Hmmm.  I have mixed feelings (or thoughts? lol) about your post.  After I wrote out a long response, I decided to delete it and simply ask your thoughts about another question I have...

1) Do you think our thoughts always preceed our feelings and then our actions - rather than feelings preceeding thoughts or actions?


----------



## comfortzone (Dec 4, 2005)

Healthbound,

There are many different theories regarding thoughts and feelings.  It seems as though thoughts and feelings can be simultaneous. The way that the brain is "set up" is that your executive function is your ability to reason about your feelings.  The event happens, then you think about what just happened, then you emotionally react to what just happened (based upon the thought you have as one can have a core belief that influences the way we think and feel about things).  Thoughts can involve our interpretation of the events.  When we have distorted thoughts about a particular event (usually based upon a previous experience and then a belief that was developed from it) we will react to this event with negative thoughts and thus we have negative feelings. This process can happen in a very short amount of time.    But to be specific to your question: feelings and reactions to events may appear to be first but it depends.  Such as anger, it is a secondary emotion (a reaction to feelings of hurt, frustration and etc occurs following one's thoughts regarding the precipitating event).  But you see our thoughts can be automatic resulting in a quick emotional or behavioral reaction to the event. 

I also believe that by changing our core beliefs and the resulting automatic thoughts, we can change overall perceptions, feelings, and actions.

A Greek philosopher (Epictetus) said, "The thing that upsets people is not what happens but what they think it means."


----------



## healthbound (Dec 4, 2005)

So...why do I need to grieve in the first place then?

Could I not simply work hard to create a new belief or perception that does not include sadness, fear, abandonment or loss?

I ask because I believe after going through extensive CBT after my sister died, I learned that I could trick my brain (thus my feelings).  If my feelings follow my thoughts, than isn't it true that I could alter my thoughts so that I don't feel at all?  In another forum when someone asked if one could consciously dissociate I responded with, "Yes, I think so because I think I chose to do so after my sister's death".

However, my "cutting off" the part of me that feels is a potential reason for why I am feeling so much about her death 12 years later.

But again, it were a simple matter of retraining my thoughts/perceptions...wouldn't I be better off just doing that then having to go through this process of feeling?

Interesting conversation.


----------



## David Baxter PhD (Dec 4, 2005)

I don't think so. having been through it myself personally as well as with many clients, I don't think CBT really works for grief.
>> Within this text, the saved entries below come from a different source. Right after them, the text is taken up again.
-- ===== src/Memory/Delete.antt =====
-- core/src/memory.rs: what `delete` and `reset` remove, and what they leave.
use memoria_mcp.Prelude.{
  ◌≡◌, ap, ◌∙◌, refl, sym, String, Option, none, some, List, [], ◌∷◌, ◌++◌, if◌then◌else◌, Result,
  ok, map_err-eq-ok, arith, ◌==◌, eq_iff, ==_self,
}
use memoria_mcp.Prelude.Exec.{>>=-eq-ok}
use mathlib.Core.List.{append-nil}
use memoria_mcp.Map.{get}
use memoria_mcp.Map.Laws.{get-insert}
use memoria_mcp.Store.{VectorRecord}
use memoria_mcp.Store.Contract.{Contract}
use memoria_mcp.Error.{from_store}
use memoria_mcp.Memory.{World, Env, HistoryEntry, deleted, store_read, store_write, entries_of}
use memoria_mcp.Memory.Records.{push_history, content_of, record_deletion, delete}

module _ {F G S : Type 0} (env : Env F G S) (Holds Fits : S → Type 0)
    (contract : Contract env.vector_store Holds Fits) where
  -- What a deletion adds to the history of its record.
  abbrev pub entries_for : Option String → List HistoryEntry
  entries_for none = []
  entries_for (some content) = record { event = deleted; content = content } ∷ []

  -- The state after a deletion.
  abbrev pub after_delete : String → Option (VectorRecord F) → World S → World S
  after_delete id found w =
      (record_deletion env id (content_of env found)
        (record w { store = (env.vector_store.delete id w.store).1 })).1

  -- The content of the record that was deleted.
  abbrev pub removed_content : Option (VectorRecord F) → Option String
  removed_content none = none
  removed_content (some r) = get "content" r.payload

  delete-eq-ok :
      (id : String) (w w' : World S)
      → delete env id w ≡ (ok tt, w')
      → (found : Option (VectorRecord F)) × (env.vector_store.get id w.store ≡ ok found)
        × ((env.vector_store.delete id w.store).0 ≡ ok tt)
        × (w' ≡ after_delete id found w)
  unfolding delete store_read store_write
  delete-eq-ok id w w' h =
      let (found, read, h') = >>=-eq-ok (store_read (env.vector_store.get id)) _ w h in
      let (u, done, h'') = >>=-eq-ok (store_write (env.vector_store.delete id)) _ w h' in
      (
        found,
        map_err-eq-ok from_store _ read,
        map_err-eq-ok from_store _ done,
        sym (ap (λ (t : Result _ _ × World S). t.1) h''),
      )

  store-record_deletion :
      (id : String) (o : Option String) (w : World S)
      → (record_deletion env id o w).1.store ≡ w.store
  unfolding push_history
  store-record_deletion id none w = refl
  store-record_deletion id (some c) w = refl

  history-record_deletion :
      (id j : String) (o : Option String) (w : World S)
      → entries_of j (record_deletion env id o w).1.history
        ≡ (if id == j then entries_of j w.history ++ entries_for o else entries_of j w.history)
  unfolding push_history
  history-record_deletion id j none w = ground (arith, append-nil (entries_of j w.history))
  history-record_deletion id j (some c) w =
      let es = entries_of id w.history ++ entries_for (some c) in
      ground (arith, get-insert id j es w.history, eq_iff id j)

  -- A deletion that succeeds leaves no record under the id and every other record as it was, keeps the
  -- store's invariant, and adds to the history of the id one entry with the deleted content: none if
  -- there was no record or no content. Every other history stays.
  pub delete_lem :
      (id : String) (w w' : World S)
      → Holds w.store
      → delete env id w ≡ (ok tt, w')
      → (found : Option (VectorRecord F)) × (env.vector_store.get id w.store ≡ ok found)
        × ((j : String)
            → env.vector_store.get j w'.store
              ≡ (if id == j then ok none else env.vector_store.get j w.store))
        × ((j : String)
            → entries_of j w'.history ≡ (
                if id == j
                then entries_of j w.history ++ entries_for (removed_content found)
                else entries_of j w.history))
        × Holds w'.store
  delete_lem id w w' h e =
      let (found, read, done, shown) = delete-eq-ok id w w' e in
      let mid : World S = record w { store = (env.vector_store.delete id w.store).1 } in
      let o = content_of env found in
      let same : w'.store ≡ mid.store =
        ap (λ (x : World S). x.store) shown ∙ store-record_deletion id o mid in
      (
        found,
        read,
        (λ j. rw same (contract.get-delete id w.store j h done)),
        (λ j.
            ap (λ (x : World S). entries_of j x.history) shown
            ∙ history-record_deletion id j o mid),
        rw same (contract.delete-Holds id w.store h),
      )

  -- Deleting an id twice is deleting it once: the second call, if it succeeds, changes no record that
  -- can be read and no history.
  pub delete_twice :
      (id : String) (w w' w'' : World S)
      → Holds w.store
      → delete env id w ≡ (ok tt, w')
      → delete env id w' ≡ (ok tt, w'')
      → ((j : String) → env.vector_store.get j w''.store ≡ env.vector_store.get j w'.store)
        × ((j : String) → entries_of j w''.history ≡ entries_of j w'.history)
  delete_twice id w w' w'' h e e' =
      let (found, read, gone, entries, h') = delete_lem id w w' h e in
      let (found', read', gone', entries', h'') = delete_lem id w' w'' h' e' in
      (
        (λ j. ground (arith, gone j, gone' j)),
        (λ j.
            ground (
              arith,
              entries' j,
              read',
              gone id,
              ==_self id,
              append-nil (entries_of j w'.history),
            )),
      )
I think you have to feel it.

If you haven't read it yet, see Grief and Bereavement in Accidental or Sudden Death -- especially the parts on legacy. I think that's the key.


----------



## comfortzone (Dec 4, 2005)

Healthbound,

I am not suggesting that anyone shut off their feelings.  But instead try to understand their feelings in relation to their past experiences and how those past experiences are affecting the way one thinks or believes.  I was explaining the process of how we arrive at our feelings and core beliefs.   I was not implying that you stop feeling and I was not suggesting that CBT to be used for bereavement.  I am sorry that I did not explain myself well enough.  It is so different when we are in front of one another where we can see the expressions of each other.

I want to repeat what I said so you know where I am coming from regarding your sister's death and your feelings.
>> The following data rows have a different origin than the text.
-- ===== src/Memory/Reset.antt =====
-- core/src/memory.rs: `reset` deletes exactly the records that match.
use memoria_mcp.Prelude.{
  ℕ, ◌+◌, ◌≤◌, ◌≡◌, ap, String, Bool, false, ◌&&◌, Option, none, some, List, [], ◌∷◌, any,
  if◌then◌else◌, Result, ok, err, map_err-eq-ok, Bool-cases, Option-cases, inl, inr, arith, ◌==◌,
  eq_iff, ok_none-cases,
}
use memoria_mcp.Prelude.Exec.{>>=-eq-ok, run_lem}
use memoria_mcp.Map.{Map}
use memoria_mcp.Store.{VectorRecord, VectorStoreError, usize_max}
use memoria_mcp.Store.Contract.{Contract}
use memoria_mcp.Filter.{FilterExpr}
use memoria_mcp.Error.{from_store}
use memoria_mcp.Memory.{World, Env, store_read}
use memoria_mcp.Store.{matches}
use memoria_mcp.Memory.Search.{passes_filters}
use memoria_mcp.Memory.Records.{is_target, delete, reset_from, reset}
use memoria_mcp.Memory.Delete.{delete_lem}

module _ {F G S : Type 0} (env : Env F G S) (scope : Map String)
    (filters : Option (FilterExpr G)) where
  -- A stored record that matches the scope and passes the filters.
  abbrev pub is_targeted : Result VectorStoreError (Option (VectorRecord F)) → Bool
  is_targeted (err e) = false
  is_targeted (ok none) = false
  is_targeted (ok (some r)) = matches scope r.payload && passes_filters env filters r.payload

  module _ (Holds Fits : S → Type 0) (contract : Contract env.vector_store Holds Fits) where
    reset_from_lem :
        (ids : List String) (n m : ℕ) (w w' : World S)
        → Holds w.store
        → reset_from env scope filters ids n w ≡ (ok m, w')
        → ((j : String)
            → env.vector_store.get j w'.store ≡ (
                if any (λ i. i == j) ids && is_targeted (env.vector_store.get j w.store)
                then ok none
                else env.vector_store.get j w.store))
          × Holds w'.store
          × (n ≤ m)
    unfolding reset_from store_read
    reset_from_lem [] n m w w' h e =
        let same : w ≡ w' = ap (λ (t : Result _ ℕ × World S). t.1) e in
        ((λ j. rw (← same)), rw (← same) h, ground arith)
    reset_from_lem (id ∷ ids) n m w w' h e =
        let (found, got, e') = >>=-eq-ok (store_read (env.vector_store.get id)) _ w e in
        let read : env.vector_store.get id w.store ≡ ok found = map_err-eq-ok from_store _ got in
        elim (Option-cases found) [
          | inl absent ↦
              let (gone, h', count) = reset_from_lem ids n m w w' h (rw absent at e') in
              ((λ j. ground (arith, gone j, read, absent, eq_iff id j)), h', count)
          | inr (r, present) ↦ elim (Bool-cases (is_target env scope filters r)) [
            | inl hit ↦
                let (u, done, e'') = >>=-eq-ok (delete env id) _ w (rw hit at (rw present at e')) in
                let w₁ = (delete env id w).1 in
                let (found', read', cleared, entries, h₁) =
                  delete_lem env Holds Fits contract id w w₁ h
                    (run_lem (delete env id) w {r = ok u} done) in
                let (gone, h', count) = reset_from_lem ids (n + 1) m w₁ w' h₁ e'' in
                (
                  (λ j. ground (arith, gone j, cleared j, read, present, hit, eq_iff id j)),
                  h',
                  omega arith,
                )
            | inr miss ↦
                let (gone, h', count) =
                  reset_from_lem ids n m w w' h (rw miss at (rw present at e')) in
                ((λ j. ground (arith, gone j, read, present, miss, eq_iff id j)), h', count)
          ]
        ]

    -- A reset that succeeds deletes exactly the records that match the scope and pass the filters:
    -- every one of them is gone, and every other id reads as before.
    pub reset_lem :
        (n : ℕ) (w w' : World S) (j : String)
        → Holds w.store
        → Fits w.store
        → reset env scope filters w ≡ (ok n, w')
        → env.vector_store.get j w'.store ≡ (
            if is_targeted (env.vector_store.get j w.store)
            then ok none
            else env.vector_store.get j w.store)
    unfolding reset store_read
    reset_lem n w w' j h fits e =
        let (ids, got, e') = >>=-eq-ok (store_read (env.vector_store.list 0 usize_max)) _ w e in
        let listed = map_err-eq-ok from_store _ got in
        let (gone, h', count) = reset_from_lem ids 0 n w w' h e' in
        let (here, there) = contract.list_complete w.store ids j h fits listed in
        elim (ok_none-cases (env.vector_store.get j w.store)) [
          | inl unread ↦ ground (arith, gone j, unread)
          | inr readable ↦ ground (arith, gone j, there readable)
        ]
> Therapy can be kind of a re-parenting for people...so that they are given the opportunity to grow, to learn, and to develop into the beautiful and wonderful individual who they are.  Healthbound...I am so thankful that you are receiving therapy!  I liked how you described how you had no power over your sister's death but how you do have control over how you perceive and react to her death.  Some one this morning said to me, "How would you feel if you knew your dad was dying?" (along those lines)  Other people there told her how everyone experiences death.  I witnessed how human beings have a hard time listening to others when they are speaking of something we are all vulnerable to.  She made her statement looking at me.  I could feel her pain and I knew that I could say nothing that could relieve her pain.  So I decided to walk over to her.  I asked her if she wanted a hug.  She said yes.  I hugged her and told her I was sorry about her father.  I think that she was able to share her pain with me and I heard her and did not try to give her anything but my support.  I realize your pain is similar as this woman's.  I can't take away your pain but we can support you THROUGH this situation.  Sending you my best,


----------



## healthbound (Dec 5, 2005)

Hey Guys,

Thanks for both of your responses.  I've always been fascinated about resiliency, locus of control and how our perceptions, experiences and feelings relate to each other.
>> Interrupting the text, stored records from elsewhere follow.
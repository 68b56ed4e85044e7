-- ===== src/Mcp/Tools/Scope.antt =====
-- mcp/src/main.rs: `delete_all_memories` over a local engine.
use memoria_mcp.Prelude.{
  ℕ, ◌≡◌, refl, sym, ap, ◌∙◌, String, Bool, true, false, Option, none, some, List, if◌then◌else◌,
  Result, ok, map_err-eq-ok,
}
use memoria_mcp.Prelude.Exec.{Exec, >>=-eq-ok, lift, run_lem}
use memoria_mcp.Map.{insert}
use memoria_mcp.Error.{show_error}
use memoria_mcp.Store.Contract.{Contract}
use memoria_mcp.Memory.{World, Env, has_scope_id}
use memoria_mcp.Memory.Records.{reset}
use memoria_mcp.Memory.Reset.{is_targeted, reset_lem}
use memoria_mcp.Server.Http.Requests.{scope_from_optional}
use memoria_mcp.Snapshot.{Disk, Format, save_store, save_history}
use memoria_mcp.Mcp.Tools.{
  Server, State, Answer, delete_all_memories, local, check_secret, check_call, run_tool, call_local,
  on_world, shown, remote, persist_after_mutation, saved,
}

has_scope_id-from_optional :
    (F : Type 0) (user_id agent_id run_id : Option String)
    → check_call {F = F} (delete_all_memories user_id agent_id run_id) ≡ ok tt
    → has_scope_id (scope_from_optional user_id agent_id run_id) ≡ true
unfolding check_call has_scope_id scope_from_optional insert
has_scope_id-from_optional F none none none e = absurd (cc e)
has_scope_id-from_optional F none none (some r) e = refl
has_scope_id-from_optional F none (some a) none e = refl
has_scope_id-from_optional F none (some a) (some r) e = refl
has_scope_id-from_optional F (some u) none none e = refl
has_scope_id-from_optional F (some u) none (some r) e = refl
has_scope_id-from_optional F (some u) (some a) none e = refl
has_scope_id-from_optional F (some u) (some a) (some r) e = refl

module _ {F G N S D T : Type 0} (files : Disk D T) (serde : Format F T)
    (as_bytes : String → List ℕ) where
  if-world :
      (server : Server F G N S) (b : Bool) (save : World S → Exec String D (Unit {0}))
      (st : State S D)
      → (if b then saved files serde as_bytes server save st else st).world ≡ st.world
  if-world server true save st = refl
  if-world server false save st = refl

  -- What is saved stays in memory.
  world-persist_after_mutation :
      (server : Server F G N S) (st : State S D)
      → (persist_after_mutation files serde as_bytes server st).world ≡ st.world
  unfolding persist_after_mutation
  world-persist_after_mutation server st =
      elim server.backend
        as (λ b.
          (persist_after_mutation files serde as_bytes (record server { backend = b }) st).world
          ≡ st.world) [
            | remote http client ↦ refl
            | local env ↦
                let here = record server { backend = local env } in
                if-world here server.persist_history
                  (save_history env files serde server.history_path) _
                ∙ if-world here server.persist_json_snapshot
                    (save_store env files serde server.store_path) st
          ]

  module _ (env : Env F G S) (Holds Fits : S → Type 0)
      (contract : Contract env.vector_store Holds Fits) where
    -- Over a local engine, a call of `delete_all_memories` that succeeds, whatever its secret and with saving
    -- or without, was given a user, an agent or a run, and it deletes exactly the records of that
    -- scope: every other id reads as before. The store meets its contract.
    pub delete_all_memories_lem :
        (server : Server F G N S) (user_id agent_id run_id secret : Option String) (a : Answer F)
        (st st' : State S D) (j : String)
        → Holds st.world.store
        → Fits st.world.store
        → run_tool files serde as_bytes
            (record server { backend = local env })
            (delete_all_memories user_id agent_id run_id)
            secret
            st
          ≡ (ok a, st')
        → (has_scope_id (scope_from_optional user_id agent_id run_id) ≡ true)
          × (env.vector_store.get j st'.world.store ≡ (
              if is_targeted env
                (scope_from_optional user_id agent_id run_id)
                none
                (env.vector_store.get j st.world.store)
              then ok none
              else env.vector_store.get j st.world.store))
    unfolding run_tool call_local
    delete_all_memories_lem server user_id agent_id run_id secret a st st' j h fits e =
        let call = delete_all_memories user_id agent_id run_id in
        let here = record server { backend = local env } in
        let scope = scope_from_optional user_id agent_id run_id in
        let (u₁, allowed, e₁) =
          >>=-eq-ok (lift (check_secret as_bytes here.mcp_secret secret)) _ st e in
        let (u₂, scoped, e₂) = >>=-eq-ok (lift (check_call call)) _ st e₁ in
        let (outcome, done, e₃) = >>=-eq-ok (on_world (call_local env call)) _ st e₂ in
        let (n, cleared, e₄) =
          >>=-eq-ok (shown (reset env scope none)) _ st.world
            (run_lem (call_local env call) st.world {r = ok outcome} done) in
        let w' = (reset env scope none st.world).1 in
        let gone =
          reset_lem env scope none Holds Fits contract n st.world w' j h fits
            (run_lem (reset env scope none) st.world (map_err-eq-ok show_error _ cleared)) in
        let after : st'.world ≡ w' =
          sym (ap (λ (t : Result _ _ × State S D). t.1.world) e₃)
          ∙ world-persist_after_mutation here (on_world (call_local env call) st).1
          ∙ sym (ap (λ (t : Result _ _ × World S). t.1) e₄) in
        (has_scope_id-from_optional F user_id agent_id run_id scoped, rw after gone)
I realize you weren't suggesting that I (or anyone else) shut off feelings.  That one was entirely MY idea.  I know there's a lot more to CBT then I'm aware of hence, some of my questions.  And I know you are very supportive and care about my progress 

And, of course, I've got another question...

How do I know if I'm grieving within the "healthy" parameters?  How do I know when I'm finished grieving?  Is it normal to have such a hard time with emotions?

Hmmmm...just realized something...I tend to default to my analytical self when my emotions are getting too intense.  Inquisitive and analytical.  Like, if I can get into some great conversations about CBT, then I'm still learning but I'm not feeling.

Doh!

I think I'll make a bit of time for myself everyday this week when I will allow myself to just feel whatever I'm feeling.  I can be analytical for the rest of the day if I want, but I will also give myself time to feel.  Perhaps it sounds rediculous?  I am trying to allow myself to feel more so that I can create a bit more balance between my thinking and feeling (contrary to how I have functioned in the past ).


----------



## ThatLady (Dec 5, 2005)

I think you've hit on a plan, hon! Just let yourself feel. We don't have to assign paramaters within which our grieving must fall, nor do we need to set a date to be "finished" grieving. Our feelings are what they are. There is no right or wrong way to feel.

There is expected to be a difference between the way we process our emotions in the case of the death of someone who has lived a long, full life as opposed to how we'd process those emotions in the case of a young and vital person's death. It's not that one is valued or loved more than the other. It's just that death is expected in the first case, and is considered "normal", while in the latter case death comes unexpectedly and we aren't prepared to deal with it. The latter will bring about a longer and more difficult grieving process in most cases.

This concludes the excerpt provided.